+++ SOURCE MATERIAL +++

-- ===== src/Gateway/Tenancy.antt =====
-- Whose quota a request is charged to.
use distributed_rate_limiter.Prelude.{
  ◌≡◌, ◌≢◌, ◌⊎◌, inl, inr, refl, ap, ◌∙◌, arith, true, Bool, false, Option, none, some, List, [],
  ◌∷◌, Text, bytes, text_eq, text_eq_iff, ltb, length, Bool-cases, Option-cases,
}
use distributed_rate_limiter.Prelude.Int.{ℤ}
use distributed_rate_limiter.Auth.{
  Headers, Authenticator, AuthResult, Libraries, granted, bad_credentials, no_credentials, tenant,
  is_enabled, tenant_by_token, tenant_from_jwt, api_key_from, bearer_from, jwt_options,
}
use distributed_rate_limiter.Auth.Credentials.{IsEntitled, tenant-IsEntitled}
use distributed_rate_limiter.Config.{Route}
use distributed_rate_limiter.Policy.{Policy}
use distributed_rate_limiter.Decide.{Outcome, answered, Parts, Service, decide}
use distributed_rate_limiter.Gateway.{
  HttpRequest, Server, auth_error, write_auth_error, resolve_tenant, named_tenant, resolved,
  unresolved, write_error,
}
use distributed_rate_limiter.Gateway.Surface.{handle_check}
use distributed_rate_limiter.Gateway.Proxy.{responded, match, handle_proxy, proxy_query}

-- Why a request is charged to a tenant: its credentials entitle it to the tenant, or it presents
-- none, and the header that names the tenant is trusted.
pub data IsChargedTo (lib : Libraries) (s : Server) (r : HttpRequest) (t : Text) : Type 0 where
  by_credentials :
      (a : Authenticator) → s.authn ≡ some a → IsEntitled lib a r.headers t → IsChargedTo lib s r t
  by_header :
      s.trust_tenant_header ≡ true
      → r.headers (bytes "X-Tenant-ID") ≡ t
      → t ≢ []
      → ((a : Authenticator)
          → s.authn ≡ some a
          → is_enabled a ≡ true
          → tenant lib a r.headers ≡ no_credentials)
      → IsChargedTo lib s r t

named :
    (s : Server) (r : HttpRequest) (t : Text)
    → named_tenant s r ≡ resolved t
    → (s.trust_tenant_header ≡ true) × (r.headers (bytes "X-Tenant-ID") ≡ t) × (t ≢ [])
unfolding named_tenant
named s r t h = elim (Bool-cases s.trust_tenant_header) [
  | inr e ↦ elim (Option-cases s.authn) [
    | inl x ↦ cc
    | inr (a, x) ↦ elim (Bool-cases (is_enabled a)) [ inl y ↦ cc | inr y ↦ cc ]
  ]
  | inl e ↦ elim (Bool-cases (text_eq (r.headers (bytes "X-Tenant-ID")) [])) [
    | inl x ↦ cc
    | inr x ↦
        let same : r.headers (bytes "X-Tenant-ID") ≡ t = cc in
        (e, same, λ y. cc ((text_eq_iff (r.headers (bytes "X-Tenant-ID")) []).1 (same ∙ y)))
  ]
]

AuthResult-cases :
    (o : AuthResult)
    → ((t : Text) × (o ≡ granted t)) ⊎ ((o ≡ bad_credentials) ⊎ (o ≡ no_credentials))
AuthResult-cases (granted t) = inl (t, refl)
AuthResult-cases bad_credentials = inr (inl refl)
AuthResult-cases no_credentials = inr (inr refl)

-- A request is charged to a tenant only by credentials that entitle it to that tenant, or by a
-- trusted header when it presents no credentials: a wrong key or token never falls back on the header.
pub resolve_tenant-IsChargedTo :
    (lib : Libraries) (s : Server) (r : HttpRequest) (t : Text)
    → resolve_tenant lib s r ≡ resolved t
    → IsChargedTo lib s r t
unfolding resolve_tenant
resolve_tenant-IsChargedTo lib s r t h = elim (Option-cases s.authn) [
  | inl x ↦ let (trust, same, some_) = named s r t (cc) in by_header trust same some_ (λ a e on. cc)
  | inr (a, x) ↦ elim (Bool-cases (is_enabled a)) [
    | inr off ↦
        let (trust, same, some_) = named s r t (cc) in
        by_header trust same some_ (λ b e on. let same_a : b ≡ a = cc in cc (ap is_enabled same_a))
    | inl on ↦ elim (AuthResult-cases (tenant lib a r.headers)) [
      | inl (u, y) ↦
          let same : u ≡ t = cc in
          by_credentials a x (tenant-IsEntitled lib a r.headers t (rw (← same) y))
      | inr (inl y) ↦ cc
      | inr (inr y) ↦
          let (trust, same, some_) = named s r t (cc) in
          by_header trust same some_ (λ b e on'. let same_a : b ≡ a = cc in rw same_a y)
    ]
  ]
]

-- The standard library's reverse proxy: the headers that it sends of those it is given, and whether
-- the value of a `Connection` header names a header. It leaves out a header that is named so.
pub record Transport : Type 0 where
  pub outgoing : Headers → Headers
  pub names : Text → Text → Bool

-- What it documents of the three headers: a tenant that `Connection` does not name is sent, and
-- no key or token is made up.
pub record IsReverseProxy (T : Transport) : Type 0 where
  pub tenant_sent :
      (h : Headers)
      → T.names (h (bytes "Connection")) (bytes "X-Tenant-ID") ≡ false
      → T.outgoing h (bytes "X-Tenant-ID") ≡ h (bytes "X-Tenant-ID")
  pub no_key_made :
      (h : Headers) → h (bytes "X-API-Key") ≡ [] → T.outgoing h (bytes "X-API-Key") ≡ []
  pub no_token_made :
      (h : Headers) → h (bytes "Authorization") ≡ [] → T.outgoing h (bytes "Authorization") ≡ []

-- What an upstream is sent, and why, when the reverse proxy is given the headers `h`.
pub record IsPassedOn {S K : Type 0} (parts : Parts S K) (lib : Libraries) (T : Transport)
    (s : Server) (r : HttpRequest) (d : Service S K) (h : Headers) : Type 0 where
  pub tenant : Text
  pub charged : IsChargedTo lib s r tenant
  pub told :
      T.names (r.headers (bytes "Connection")) (bytes "X-Tenant-ID") ≡ false
      → T.outgoing h (bytes "X-Tenant-ID") ≡ tenant
  pub no_key : T.outgoing h (bytes "X-API-Key") ≡ []
  pub no_token : T.outgoing h (bytes "Authorization") ≡ []
  pub cost : ℤ
  pub out : Outcome
  pub decided : (decide parts (proxy_query r tenant cost) d).1 ≡ answered out
  pub allowed : out.result.allowed ≡ true

-- A caller's credentials are wrong: it presents a key to a gateway with keys, and the key is unknown;
-- or it presents no key, or the gateway has none, and it presents a token to a gateway with a
-- secret, and the token is not valid or names no tenant.
pub data IsWrong (lib : Libraries) (a : Authenticator) (h : Headers) : Type 0 where
  unknown_key :
      (resolve : Text → Option Text)
      → a.keys ≡ some resolve
      → api_key_from lib h ≢ []
      → resolve (api_key_from lib h) ≡ none
      → IsWrong lib a h
  bad_token :
      (a.keys ≡ none) ⊎ (api_key_from lib h ≡ [])
      → a.jwt_secret ≢ []
      → bearer_from lib h ≢ []
      → ((claims : Text → Text)
          → lib.parse_jwt (jwt_options a) (bearer_from lib h) ≡ some claims
          → claims a.tenant_claim ≡ [])
      → IsWrong lib a h

non_empty : (t : Text) → t ≢ [] → ltb 0 (length t) ≡ true
non_empty [] h = elim (h refl) [ ]
non_empty (b ∷ t) h = ground arith

module _ (lib : Libraries) (a : Authenticator) (h : Headers) where
  bad_token-tenant :
      a.jwt_secret ≢ []
      → bearer_from lib h ≢ []
      → ((claims : Text → Text)
          → lib.parse_jwt (jwt_options a) (bearer_from lib h) ≡ some claims
          → claims a.tenant_claim ≡ [])
      → tenant_by_token lib a h ≡ bad_credentials
  unfolding tenant_by_token tenant_from_jwt
  bad_token-tenant secret presented bad =
      let on = non_empty a.jwt_secret secret in
      let shown : text_eq (bearer_from lib h) [] ≡ false =
        ground (arith, text_eq_iff (bearer_from lib h) [], presented) in
      elim (Option-cases (lib.parse_jwt (jwt_options a) (bearer_from lib h))) [
        | inl y ↦ rw (tenant_by_token, on, shown, tenant_from_jwt, y) refl
        | inr (claims, y) ↦
            let empty : text_eq (claims a.tenant_claim) [] ≡ true =
              (text_eq_iff (claims a.tenant_claim) []).1 (bad claims y) in
            rw (tenant_by_token, on, shown, tenant_from_jwt, y, empty) refl
      ]

  wrong-tenant : IsWrong lib a h → tenant lib a h ≡ bad_credentials
  unfolding tenant
  wrong-tenant (unknown_key resolve keys presented unknown) =
      let shown : text_eq (api_key_from lib h) [] ≡ false =
        ground (arith, text_eq_iff (api_key_from lib h) [], presented) in
      rw (tenant, keys, shown, unknown) refl
  wrong-tenant (bad_token (inl no_keys) secret presented bad) =
      rw (tenant, no_keys) (bad_token-tenant secret presented bad)
  wrong-tenant (bad_token (inr no_key) secret presented bad) =
      let none_shown : text_eq (api_key_from lib h) [] ≡ true =
        (text_eq_iff (api_key_from lib h) []).1 no_key in
      elim (Option-cases a.keys) [
        | inl off ↦ rw (tenant, off) (bad_token-tenant secret presented bad)
        | inr (resolve, on) ↦ rw (tenant, on, none_shown) (bad_token-tenant secret presented bad)
      ]

enabled :
    (lib : Libraries) (a : Authenticator) (h : Headers)
    → tenant lib a h ≡ bad_credentials
    → is_enabled a ≡ true
unfolding tenant is_enabled tenant_by_token
enabled lib a h e = elim (Option-cases a.keys) [
  | inr (k, x) ↦ ground arith
  | inl x ↦ elim (Bool-cases (ltb 0 (length a.jwt_secret))) [ inl y ↦ ground arith | inr y ↦ cc ]
]

refuses :
    (lib : Libraries) (s : Server) (a : Authenticator) (r : HttpRequest)
    → s.authn ≡ some a
    → tenant lib a r.headers ≡ bad_credentials
    → resolve_tenant lib s r ≡ unresolved (auth_error bad_credentials)
unfolding resolve_tenant
refuses lib s a r x bad = let on = enabled lib a r.headers bad in rw (x, on, bad) refl

-- Wrong credentials are refused with 401 before anything is decided, by both handlers, whatever
-- tenant the header names and whether it is trusted or not: an unknown key, also beside a valid
-- token, where the gateway has keys; and, without a key to check, a token that is not valid or
-- names no tenant, where the gateway has a secret.
pub bad_credentials-refused :
    {S K : Type 0} (parts : Parts S K) (lib : Libraries) (s : Server) (a : Authenticator)
    (routes : List Route) (m : Route) (r : HttpRequest) (d : Service S K)
    → s.authn ≡ some a
    → IsWrong lib a r.headers
    → match r.path routes ≡ some m
    → (handle_check parts lib s r d ≡ (d, write_error 401 (bytes "bad_credentials")))
      × (handle_proxy parts lib s (some routes) r d
          ≡ (d, responded (write_error 401 (bytes "bad_credentials"))))
unfolding handle_check handle_proxy write_auth_error
bad_credentials-refused parts lib s a routes m r d x wrong y =
    let refused : resolve_tenant lib s r ≡ unresolved (auth_error bad_credentials) =
      refuses lib s a r x (wrong-tenant lib a r.headers wrong) in
    (
      rw (handle_check, refused, write_auth_error) refl,
      rw (handle_proxy, y, refused, write_auth_error) refl,
    )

+++

Whenever a line in the entries holds the word "unresolved", copy that line.

  unresolved, write_error,
    → resolve_tenant lib s r ≡ unresolved (auth_error bad_credentials)
    let refused : resolve_tenant lib s r ≡ unresolved (auth_error bad_credentials) =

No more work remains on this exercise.